Beyond that, Eomes is a transcription factor (TF) with a key role in CD8+ T cell differentiation, by binding to the promoter of TIGIT, upregulating its expression. Overexpression of Eomes and losing of CD226 are related. In our SCENIC results, Eomes was enriched in CD8-Cytotoxic (Fig. 6E). In conclusion, CD226 was barely expressed in Treg and CD8+ Cytotoxic cells, while TIGIT was highly expressed in Treg , CD8+ Cytotoxic cells and NK cells (SM1), suggesting that the TIGIT-NECTIN2 axis plays an important role in the immune environment of AM (Fig. 6F).
Discussion
In this study, we employed scRNA-seq platform to investigate the transcriptomic landscape of different subtypes of AM and revealed novel cellular interactions between tumor cells and T/NK cells. AM was often compared with NAM to find potential therapeutic targets for AM in previous study using single-cell sequencing. Differences in immune response in different subtypes of AM (especially subnail and plantar) in immunotherapy5. In order to reveal the tumor heterogeneity and immune environment between SM and PM, we performed a higher level of comparative analysis by cellchat, SCENIC and pseudo-time analysis for understanding their difference traits in cell evolution, transcription factors, and cellular interactions with the microenvironment.

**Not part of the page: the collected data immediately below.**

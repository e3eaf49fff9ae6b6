-- ===== src/Clients/Removing.antt =====
-- `client_list_remove` of common/handlers/client_list.c and the pairs of descriptor and metadata.
use mathlib.Core.List.{Perm}
use mathlib.Core.Option.{some-injective}
use mathlib.Core.Path.{subst}
use native.Mathlib.Decide.{dec_lt}
use jm_bus.Common.{
  ℕ, ◌+◌, ◌-◌, ◌≤◌, ◌<◌, ◌≡◌, refl, sym, ◌∙◌, ◌⊎◌, inl, inr, true, false, Bool-cases, ltb, some,
  List, ◌∷◌, length, get_elem?, arith, ok, fault, exits, bad_free,
}
use jm_bus.Cstd.{Array, ArrayLib, len}
use jm_bus.Arrays.{remove_live, array_resize}
use jm_bus.Arrays.Removal.{remove_live_lem, below_length}
use jm_bus.Clients.{
  PollFd, ClientMetadata, ClientList, index_of_fd, client_metadata_free, remove_found,
  remove_and_shrink, remove_at, client_list_remove,
}
use jm_bus.Clients.Pairs.{zip, get_elem?-zip, remove_live-zip}
use jm_bus.Clients.Adding.{InStep}

-- Each client's descriptor with its metadata.
abbrev pub pairs : ClientList → List (PollFd × ClientMetadata)
pairs cl = zip cl.fds.items cl.metadata.items

module _ {W : Type 0} (lib : ArrayLib W) where
  shrink_tight :
      {A : Type 0} (a : Array A) (idx : ℕ) (r : List A) (w : W)
      → remove_live a.items idx ≡ some r
      → a.cap ≤ length r + 100
      → remove_and_shrink lib a idx w ≡ ok (true, record a { items = r }) w
  unfolding remove_and_shrink
  shrink_tight a idx r w e tight =
      let small : ltb 100 (a.cap - length r) ≡ false = ground arith in rw (e, small) refl

  shrink_wide :
      {A : Type 0} (a : Array A) (idx : ℕ) (r : List A) (w : W)
      → remove_live a.items idx ≡ some r
      → length r + 100 < a.cap
      → (remove_and_shrink lib a idx w ≡ fault bad_free)
        ⊎ ((w' : W) × (remove_and_shrink lib a idx w ≡ ok (false, record a { items = r }) w'))
  unfolding remove_and_shrink array_resize
  shrink_wide a idx r w e wide =
      let big : ltb 100 (a.cap - length r) ≡ true = ground arith in
      elim (Bool-cases (lib.realloc w).0) [
        | inl moved ↦ inl (rw (e, big, moved) refl)
        | inr failed ↦ inr ((lib.realloc w).1, rw (e, big, failed) refl)
      ]

  -- `client_list_remove` of a socket in the list, where the arrays are in step, have fewer than
  -- 100 free cells, and the topics of the client were never advanced: its descriptor goes together
  -- with its metadata, every other pair stays a pair, and the arrays stay in step.
  pub client_list_remove-pairs :
      (cl : ClientList) (sock i : ℕ) (p : PollFd) (md : ClientMetadata) (w : W)
      → InStep cl
      → cl.fds.cap < len cl.fds + 100
      → cl.metadata.cap < len cl.metadata + 100
      → index_of_fd sock cl.fds.items ≡ some i
      → get_elem? cl.fds.items i ≡ some p
      → get_elem? cl.metadata.items i ≡ some md
      → md.topics.offset ≡ 0
      → (cl' : ClientList) × (w' : W) × (client_list_remove lib cl sock w ≡ ok (true, cl') w')
        × InStep cl'
        × Perm (pairs cl) ((p, md) ∷ pairs cl')
  unfolding client_list_remove remove_at client_metadata_free
  client_list_remove-pairs cl sock i p md w same tight tight₂ found at_p at_md start =
      let below : i < length cl.fds.items = below_length cl.fds.items i p at_p in
      let (fs, ms, e, e₂, e₃, short, short₂) =
        remove_live-zip cl.fds.items cl.metadata.items i same below in
      let (r, here, perm) =
        remove_live_lem (pairs cl) i (p, md)
          (get_elem?-zip cl.fds.items cl.metadata.items i p md at_p at_md) in
      let (w₁, freed) = lib.free_start md.topics w start in
      (
        record {
          fds = record (cl.fds) { items = fs };
          metadata = record (cl.metadata) { items = ms };
        },
        w₁,
        rw found (
            unfold remove_found in
            rw
              (
                shrink_tight cl.fds i fs w e (omega arith),
                at_md,
                freed,
                shrink_tight cl.metadata i ms w₁ e₂ (omega arith),
              )
              refl),
        omega arith,
        subst (λ l. Perm (pairs cl) ((p, md) ∷ l)) (some-injective _ _ (sym here ∙ e₃)) perm,
      )

  -- Where the arrays are in step and more than 99 cells behind the descriptors are free before the
  -- removal, `client_list_remove` of a socket in the list, whose topics were never advanced, does
  -- not return: it faults, or the program exits.
  pub client_list_remove_fatal :
      (cl : ClientList) (sock i : ℕ) (md : ClientMetadata) (w : W)
      → InStep cl
      → len cl.fds + 99 < cl.fds.cap
      → index_of_fd sock cl.fds.items ≡ some i
      → get_elem? cl.metadata.items i ≡ some md
      → md.topics.offset ≡ 0
      → (client_list_remove lib cl sock w ≡ fault bad_free)
        ⊎ (client_list_remove lib cl sock w ≡ exits 1)
  unfolding client_list_remove remove_at client_metadata_free
  client_list_remove_fatal cl sock i md w same wide found at_md start =
      let below : i < length cl.fds.items =
        omega (arith, below_length cl.metadata.items i md at_md) in
      let (fs, ms, e, e₂, e₃, short, short₂) =
        remove_live-zip cl.fds.items cl.metadata.items i same below in
      elim (shrink_wide cl.fds i fs w e (omega arith)) [
        | inl broken ↦ inl (rw found (unfold remove_found in rw broken refl))
        | inr (w₁, failed) ↦
            let (w₂, freed) = lib.free_start md.topics w₁ start in
            elim (dec_lt (length ms + 100) cl.metadata.cap) [
              | no tight ↦ inr (
                  rw found (
                    unfold remove_found in
                    rw (failed, at_md, freed, shrink_tight cl.metadata i ms w₂ e₂ (omega arith))
                      refl))
              | yes wide₂ ↦ elim (shrink_wide cl.metadata i ms w₂ e₂ wide₂) [
                | inl broken ↦
                    inl (rw found (unfold remove_found in rw (failed, at_md, freed, broken) refl))
                | inr (w₃, failed₂) ↦
                    inr (rw found (unfold remove_found in rw (failed, at_md, freed, failed₂) refl))
              ]
            ]
      ]
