-- ===== src/Clients/Leaving.antt =====
-- What a removal from the list of common/handlers/client_list.c leaves, whenever it returns.
use mathlib.Core.List.{Perm}
use mathlib.Core.Option.{some-injective}
use mathlib.Core.Path.{subst}
use jm_bus.Common.{
  ℕ, ◌≡◌, refl, sym, ap, ◌∙◌, inl, inr, Bool, ◌&&◌, some, List, ◌∷◌, length, get_elem?, set, All,
  All-set, All-take, All-get, arith, leb, ◌==◌, ◌-◌, Bool-cases, Option-cases, Yields,
  Yields-and_then, Yields_after, Yields-if,
}
use jm_bus.Arrays.{remove_live}
use jm_bus.Arrays.Removal.{remove_live_lem, below_length}
use jm_bus.Clients.{PollFd, ClientMetadata, ClientList, remove_at, client_metadata_free}
use jm_bus.Clients.Adding.{InStep}
use jm_bus.Clients.Keeping.{remove_and_shrink-live}
use jm_bus.Clients.Pairs.{get_elem?-zip, remove_live-zip}
use jm_bus.Clients.Removing.{pairs}
use jm_bus.Cstd.{Array, ArrayLib}

pub All-remove_live :
    {A : Type 0} (P : A → Type 0) (xs ys : List A) (i : ℕ)
    → All P xs
    → remove_live xs i ≡ some ys
    → All P ys
All-remove_live P xs ys i h e = elim (Bool-cases (leb (length xs) i)) [
  | inl outside ↦ absurd (let bad = rw outside at e in cc)
  | inr inside ↦ elim (Bool-cases (i == length xs - 1)) [
    | inl last ↦
        let now = rw (inside, last) at e in
        subst (All P) (some-injective _ _ now) (All-take P (length xs - 1) xs h)
    | inr inner ↦ elim (Option-cases (get_elem? xs (length xs - 1))) [
      | inl missing ↦ absurd (let bad = rw (inside, inner, missing) at e in cc)
      | inr (z, found) ↦
          let now = rw (inside, inner, found) at e in
          subst (All P) (some-injective _ _ now) (
            All-take P (length xs - 1) (set xs i z) (All-set P xs i z h (All-get P xs _ z h found)))
    ]
  ]
]

-- The list without one client.
pub record Left (cl : ClientList) (idx : ℕ) (p : PollFd) (md : ClientMetadata) (cl' : ClientList)
    : Type 0 where
  pub in_step : InStep cl'
  pub others : Perm (pairs cl) ((p, md) ∷ pairs cl')
  pub fds : Perm cl.fds.items (p ∷ cl'.fds.items)
  pub metadata : remove_live cl.metadata.items idx ≡ some cl'.metadata.items

module _ {W : Type 0} (lib : ArrayLib W) where
  pub remove_at-Left :
      (cl : ClientList) (idx : ℕ) (p : PollFd) (md : ClientMetadata) (w : W)
      → InStep cl
      → get_elem? cl.fds.items idx ≡ some p
      → get_elem? cl.metadata.items idx ≡ some md
      → Yields (remove_at lib cl idx w) (λ r _. Left cl idx p md r.1)
  unfolding remove_at client_metadata_free
  remove_at-Left cl idx p md w same at_p at_md =
      Yields-and_then _ _
        (λ (f : Bool × Array PollFd) (_ : W). remove_live cl.fds.items idx ≡ some f.1.items)
        (λ (r : Bool × ClientList) (_ : W). Left cl idx p md r.1)
        (remove_and_shrink-live lib cl.fds idx p w at_p)
        (λ f w₁ live. rw at_md (
          Yields_after _ _ (λ (r : Bool × ClientList) (_ : W). Left cl idx p md r.1)
            (λ _ w₂.
              Yields-and_then _ _
                (λ (m : Bool × Array ClientMetadata) (_ : W).
                  remove_live cl.metadata.items idx ≡ some m.1.items)
                (λ (r : Bool × ClientList) (_ : W). Left cl idx p md r.1)
                (remove_and_shrink-live lib cl.metadata idx md w₂ at_md)
                (λ m w₃ live_md.
                  Yields-if (f.0 && m.0) _ _ w₃
                    (λ (r : Bool × ClientList) (_ : W). Left cl idx p md r.1)
                    (λ _. leaves f.1 m.1 live live_md) (λ _. tt)))))
    where
      leaves :
          (fds : Array PollFd) (mds : Array ClientMetadata)
          → remove_live cl.fds.items idx ≡ some fds.items
          → remove_live cl.metadata.items idx ≡ some mds.items
          → Left cl idx p md (record { fds = fds; metadata = mds })
      leaves fds mds live live_md =
          let (fs, ms, e, e₂, e₃, short, short₂) =
            remove_live-zip cl.fds.items cl.metadata.items idx same
              (below_length cl.fds.items idx p at_p) in
          let is_fs : fs ≡ fds.items = some-injective _ _ (sym e ∙ live) in
          let is_ms : ms ≡ mds.items = some-injective _ _ (sym e₂ ∙ live_md) in
          let (r, here, perm) =
            remove_live_lem (pairs cl) idx (p, md)
              (get_elem?-zip cl.fds.items cl.metadata.items idx p md at_p at_md) in
          let (l, here₂, perm₂) = remove_live_lem cl.fds.items idx p at_p in
          record {
            in_step = omega (arith, ap length is_fs, ap length is_ms, short, short₂, same);
            others =
                subst (λ k. Perm (pairs cl) ((p, md) ∷ k))
                  (some-injective _ _ (sym here ∙ e₃) ∙ rw (is_fs, is_ms) refl) perm;
            fds =
                subst (λ k. Perm cl.fds.items (p ∷ k)) (some-injective _ _ (sym here₂ ∙ live))
                  perm₂;
            metadata = live_md;
          }
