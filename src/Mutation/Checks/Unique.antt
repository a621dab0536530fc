-- ===== src/Mutation/Checks/Unique.antt =====
-- The uniqueness checks and the removal of duplicates of src/mutation.rs.
use nowledge.Prelude.{
  String, eq_iff, eq_refl, ◌≡◌, refl, ap, ◌↔◌, false, ◌&&◌, not, List, [], ◌∷◌, ◌++◌, arith, All,
  All-map, ok, >>-eq-ok, fail_if-eq-ok, fail_if, is_blank, is_empty, contains,
}
use nowledge.Prelude.Sets.{IsUnique, str_eq_comm, append-IsUnique}
use nowledge.Mutation.Checks.{
  require_non_empty, validate_unique_from, validate_unique_non_empty, validate_task_uids_from,
  validate_task_uids, dedup_from, dedup_non_empty,
}

pub require_non_empty_iff :
    (label value : String) → (require_non_empty label value ≡ ok tt) ↔ (is_blank value ≡ false)
unfolding require_non_empty
require_non_empty_iff label value = ground arith

-- A text that may follow those seen.
abbrev IsFresh : List String → String → Type 0
IsFresh seen value = (is_blank value ≡ false) × (contains seen value ≡ false)

-- Texts fresh after one more text are fresh, and that text is none of them.
IsFresh-tail :
    (v : String) (seen vs : List String)
    → All (IsFresh (v ∷ seen)) vs
    → All (IsFresh seen) vs × (contains vs v ≡ false)
unfolding contains
IsFresh-tail v seen [] h = (tt, refl)
IsFresh-tail v seen (w ∷ ws) h =
    let rest = IsFresh-tail v seen ws h.1 in
    ((ground arith, rest.0), ground (arith, str_eq_comm v w))

IsFresh-cons :
    (v : String) (seen vs : List String)
    → All (IsFresh seen) vs
    → contains vs v ≡ false
    → All (IsFresh (v ∷ seen)) vs
unfolding contains
IsFresh-cons v seen [] h c = tt
IsFresh-cons v seen (w ∷ ws) h c =
    (ground (arith, str_eq_comm v w), IsFresh-cons v seen ws h.1 (ground arith))

validate_unique_from_sound :
    (label : String) (seen vs : List String)
    → validate_unique_from label seen vs ≡ ok tt
    → All (IsFresh seen) vs × IsUnique vs
unfolding validate_unique_from
validate_unique_from_sound label seen [] h = (tt, tt)
validate_unique_from_sound label seen (v ∷ vs) h =
    let blank = >>-eq-ok (require_non_empty label v) _ h in
    let fresh = >>-eq-ok (fail_if (contains seen v) _) _ blank.1 in
    let rest = validate_unique_from_sound label (v ∷ seen) vs fresh.1 in
    let older = IsFresh-tail v seen vs rest.0 in
    (
      (((require_non_empty_iff label v).0 blank.0, fail_if-eq-ok _ _ fresh.0), older.0),
      (older.1, rest.1),
    )

validate_unique_from_complete :
    (label : String) (seen vs : List String)
    → All (IsFresh seen) vs
    → IsUnique vs
    → validate_unique_from label seen vs ≡ ok tt
unfolding validate_unique_from
validate_unique_from_complete label seen [] h u = refl
validate_unique_from_complete label seen (v ∷ vs) h u =
    rw ((require_non_empty_iff label v).1 h.0.0, h.0.1)
      (validate_unique_from_complete label (v ∷ seen) vs (IsFresh-cons v seen vs h.1 u.0) u.1)

task_uids_unique :
    (label step_id : String) (seen vs : List String)
    → validate_task_uids_from step_id seen vs ≡ ok tt
    → validate_unique_from label seen vs ≡ ok tt
unfolding validate_task_uids_from validate_unique_from require_non_empty
task_uids_unique label step_id seen [] h = refl
task_uids_unique label step_id seen (v ∷ vs) h =
    ground (arith, task_uids_unique label step_id (v ∷ seen) vs)

unique-task_uids :
    (label step_id : String) (seen vs : List String)
    → validate_unique_from label seen vs ≡ ok tt
    → validate_task_uids_from step_id seen vs ≡ ok tt
unfolding validate_task_uids_from validate_unique_from require_non_empty
unique-task_uids label step_id seen [] h = refl
unique-task_uids label step_id seen (v ∷ vs) h =
    ground (arith, unique-task_uids label step_id (v ∷ seen) vs)

-- What `validate_unique_non_empty` and `validate_task_uids` accept.
abbrev pub IsUidList : List String → Type 0
IsUidList vs = All (λ v. is_blank v ≡ false) vs × IsUnique vs

IsFresh-nil : (vs : List String) → All (λ v. is_blank v ≡ false) vs → All (IsFresh []) vs
unfolding contains
IsFresh-nil vs = All-map (λ v. is_blank v ≡ false) (IsFresh []) (λ v b. (b, refl)) vs

-- The check passes exactly when no value is blank and none stands twice.
pub validate_unique_non_empty_iff :
    (label : String) (values : List String)
    → (validate_unique_non_empty label values ≡ ok tt) ↔ IsUidList values
unfolding validate_unique_non_empty
validate_unique_non_empty_iff label values = (
  λ h.
      let both = validate_unique_from_sound label [] values h in
      (All-map (IsFresh []) (λ v. is_blank v ≡ false) (λ v f. f.0) values both.0, both.1),
  λ u. validate_unique_from_complete label [] values (IsFresh-nil values u.0) u.1,
)

-- The check of a list of task UIDs passes exactly when no UID is blank and none stands twice.
pub validate_task_uids_iff :
    (step_id : String) (task_uids : List String)
    → (validate_task_uids step_id task_uids ≡ ok tt) ↔ IsUidList task_uids
unfolding validate_task_uids validate_unique_non_empty
validate_task_uids_iff step_id uids = (
  λ h. (validate_unique_non_empty_iff "" uids).0 (task_uids_unique "" step_id [] uids h),
  λ u. unique-task_uids "" step_id [] uids ((validate_unique_non_empty_iff "" uids).1 u),
)

-- `dedup_non_empty` keeps what is not empty and not seen.
pub contains-dedup_from :
    (seen vs : List String) (a : String)
    → contains (dedup_from seen vs) a ≡ (contains vs a && not (is_empty a) && not (contains seen a))
unfolding dedup_from contains
contains-dedup_from seen [] a = refl
contains-dedup_from seen (v ∷ vs) a =
    ground (arith, contains-dedup_from seen vs a, contains-dedup_from (v ∷ seen) vs a, eq_iff v a)

pub dedup_from-IsUnique : (seen vs : List String) → IsUnique (dedup_from seen vs)
unfolding dedup_from contains
dedup_from-IsUnique seen [] = tt
dedup_from-IsUnique seen (v ∷ vs) = ground (
  arith,
  dedup_from-IsUnique seen vs,
  dedup_from-IsUnique (v ∷ seen) vs,
  contains-dedup_from (v ∷ seen) vs v,
  eq_refl v,
)

-- Unique texts, followed by those of others that they lack, are unique.
pub append-dedup_from-IsUnique :
    (seen vs : List String) → IsUnique seen → IsUnique (seen ++ dedup_from seen vs)
append-dedup_from-IsUnique seen vs u =
    append-IsUnique seen (dedup_from seen vs) u (dedup_from-IsUnique seen vs)
      (λ a c. ground (arith, contains-dedup_from seen vs a))

not_empty_of_not_blank : (v : String) → is_blank v ≡ false → is_empty v ≡ false
unfolding is_blank
not_empty_of_not_blank String.[] h = cc
not_empty_of_not_blank (String.◌∷◌ c v) h = refl

dedup_from_fresh :
    (seen vs : List String) → All (IsFresh seen) vs → IsUnique vs → dedup_from seen vs ≡ vs
unfolding dedup_from
dedup_from_fresh seen [] h u = refl
dedup_from_fresh seen (v ∷ vs) h u =
    rw (not_empty_of_not_blank v h.0.0, h.0.1)
      (ap (λ (rest : List String). v ∷ rest)
        (dedup_from_fresh (v ∷ seen) vs (IsFresh-cons v seen vs h.1 u.0) u.1))

-- On task UIDs that were validated, the removal of duplicates changes nothing.
pub dedup_non_empty_of_IsUidList : (vs : List String) → IsUidList vs → dedup_non_empty vs ≡ vs
unfolding dedup_non_empty
dedup_non_empty_of_IsUidList vs u = dedup_from_fresh [] vs (IsFresh-nil vs u.0) u.1
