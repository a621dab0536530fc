-- ===== src/Mutation/Resources.antt =====
-- `validate_resource` of src/mutation.rs: what a step's payload must satisfy for the tenant.
use nowledge.Prelude.{
  String, str_eq, Bool, true, false, ◌&&◌, ◌||◌, not, List, [], ◌∷◌, ok, ◌>>◌, fail_if,
}
use nowledge.Json.{is_null}
use nowledge.Models.History.{HistoryEvent}
use nowledge.Models.Context.{ContextNode}
use nowledge.Models.Operations.{CompanySourceDeleteTarget, OperationResource, OperationStep}
use nowledge.Mutation.Checks.{
  Checked, invalid_plan, for_each, require_non_empty, require_non_empty_slice,
  validate_unique_non_empty, tenant_matches,
}

unfoldable pub is_nil {ℓ} : {A : Type ℓ} → List A → Bool
is_nil [] = true
is_nil (x ∷ xs) = false

-- Every event of a batch names the index and the owner of its first one.
unfoldable pub validate_event : String → HistoryEvent → HistoryEvent → Checked (Unit {0})
validate_event tenant_id first event = do
  tenant_matches tenant_id event.tenant_id "history event"
  fail_if
      (not (str_eq event.event_index_uid first.event_index_uid)
        || not (str_eq event.owner_user_id_hash first.owner_user_id_hash))
      (invalid_plan "a history-event batch must use one event index and owner hash")

unfoldable pub validate_history_events : String → List HistoryEvent → Checked (Unit {0})
unfolding validate_event
validate_history_events tenant_id [] =
    require_non_empty_slice {A = HistoryEvent} "history events" []
validate_history_events tenant_id (first ∷ rest) = do
  require_non_empty "event index UID" first.event_index_uid
  require_non_empty "event owner hash" first.owner_user_id_hash
  for_each (validate_event tenant_id first) (first ∷ rest)

unfoldable pub validate_node : String → String → ContextNode → Checked (Unit {0})
validate_node tenant_id index_uid node = do
  tenant_matches tenant_id node.tenant_id "context node"
  fail_if (not (str_eq node.index_uid index_uid))
      (invalid_plan "context node index UID does not match the step index UID")

unfoldable pub validate_delete_target : CompanySourceDeleteTarget → Checked (Unit {0})
validate_delete_target (CompanySourceDeleteTarget.links link_ids related_uris) = do
  fail_if (is_nil link_ids && is_nil related_uris)
      (invalid_plan "company source link deletion requires link ids or related URIs")
  validate_unique_non_empty "company source link id" link_ids
  validate_unique_non_empty "company source related URI" related_uris
validate_delete_target _ = ok tt

unfoldable pub validate_resource : String → OperationResource → Checked (Unit {0})
unfolding validate_history_events validate_node validate_delete_target is_nil
validate_resource t (OperationResource.ensure_user_event_index index) = do
  tenant_matches t index.tenant_id "event index"
  require_non_empty "event index id" index.id
validate_resource t (OperationResource.history_events events) = validate_history_events t events
validate_resource t (OperationResource.context_nodes index_uid nodes) = do
  require_non_empty "context index UID" index_uid
  require_non_empty_slice "context nodes" nodes
  for_each (validate_node t index_uid) nodes
validate_resource t (OperationResource.state_item item) =
    tenant_matches t item.tenant_id "state item"
validate_resource t (OperationResource.insight entry) = tenant_matches t entry.tenant_id "insight"
validate_resource t (OperationResource.company_source source) =
    tenant_matches t source.tenant_id "company source"
validate_resource t (OperationResource.source_revision revision) =
    tenant_matches t revision.tenant_id "source revision"
validate_resource t (OperationResource.delete_company_source_index source_id target) = do
  require_non_empty "company source id" source_id
  validate_delete_target target
validate_resource t (OperationResource.source_documents documents) = do
  require_non_empty_slice "source documents" documents
  for_each (λ document. tenant_matches t document.tenant_id "source document") documents
validate_resource t (OperationResource.parse_artifacts artifacts) = do
  require_non_empty_slice "parse artifacts" artifacts
  for_each (λ artifact. tenant_matches t artifact.tenant_id "parse artifact") artifacts
validate_resource t (OperationResource.structured_snapshot snapshot) =
    tenant_matches t snapshot.tenant_id "structured snapshot"
validate_resource t (OperationResource.dataset entry) = tenant_matches t entry.tenant_id "dataset"
validate_resource t (OperationResource.structured_rows rows) =
    require_non_empty_slice "structured rows" rows
validate_resource t (OperationResource.structured_summary summary) =
    fail_if (is_null summary) (invalid_plan "structured summary must not be null")
validate_resource t (OperationResource.session entry) = tenant_matches t entry.tenant_id "session"
validate_resource t (OperationResource.trace entry) = tenant_matches t entry.tenant_id "trace"
validate_resource t (OperationResource.links entries) = do
  require_non_empty_slice "links" entries
  for_each (λ link. tenant_matches t link.tenant_id "link") entries
validate_resource t (OperationResource.harness_components components edits) = do
  fail_if (is_nil components && is_nil edits)
      (invalid_plan "harness component step has no resources")
  for_each (λ component. tenant_matches t component.tenant_id "harness component") components
  for_each (λ revision. tenant_matches t revision.tenant_id "harness revision") edits
validate_resource t (OperationResource.harness_changes changes) = do
  require_non_empty_slice "harness changes" changes
  for_each (λ change. tenant_matches t change.tenant_id "harness change") changes
validate_resource t (OperationResource.harness_verdicts verdicts) = do
  require_non_empty_slice "harness verdicts" verdicts
  for_each (λ verdict. tenant_matches t verdict.tenant_id "harness verdict") verdicts
validate_resource t (OperationResource.ingest_task task) =
    tenant_matches t task.tenant_id "ingest task"
validate_resource t (OperationResource.ingest_tasks tasks) = do
  require_non_empty_slice "ingest tasks" tasks
  for_each (λ task. tenant_matches t task.tenant_id "ingest task") tasks
validate_resource t (OperationResource.delete_ingest_tasks task_ids) = do
  validate_unique_non_empty "ingest task id" task_ids
  fail_if (is_nil task_ids) (invalid_plan "ingest task ids must not be empty")
validate_resource t (OperationResource.ingest_result result) = do
  tenant_matches t result.task.tenant_id "ingest result"
  for_each (λ artifact. tenant_matches t artifact.tenant_id "ingest result artifact")
      result.parse_artifacts
validate_resource t (OperationResource.eval_case case) =
    tenant_matches t case.tenant_id "evaluation case"
validate_resource t (OperationResource.eval_run run) =
    tenant_matches t run.tenant_id "evaluation run"
validate_resource t (OperationResource.eval_case_results results) = do
  require_non_empty_slice "evaluation case results" results
  for_each (λ result. tenant_matches t result.tenant_id "evaluation case result") results
validate_resource t (OperationResource.eval_overview overview) =
    tenant_matches t overview.tenant_id "evaluation overview"

unfoldable pub validate_operation_step_for_tenant : String → OperationStep → Checked (Unit {0})
validate_operation_step_for_tenant tenant_id step = do
  require_non_empty "tenant id" tenant_id
  require_non_empty "step id" step.id
  validate_resource tenant_id step.resource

In the AM mutant landscape, IFI27 and SERPINF1 were highly expressed in PM, CDK4, COL11A1 and S100A4 were highly expressed in SM. Among them, CDK4 was most highly expressed in SM, while it was not significantly expressed in PM, which suggests that CDK 4/6 inhibitors may have better SM efficacy of CDK 4/6 inhibitors in SM. Cyclin-dependent kinase 4 (CDK4) pathway is a frequently altered signaling in many cancer types14. A study of 514 acral melanomas revealed that alterations in the CDK4 pathway were frequent and that these alterations promoted G1 to S cell cycle transition and tumor progression15. Recent studies have shown that combination treatment of CDK4/6 plus MEK inhibitors as first- and second-line therapy in patients with advanced AM16. Besides, we found that SM is higher CNV signal and lower T/NK cells, which suggests that SM may have strong characteristics of invasiveness and metastasis and have a worse prognosis, in agreement with the study of Holman BN et al.8.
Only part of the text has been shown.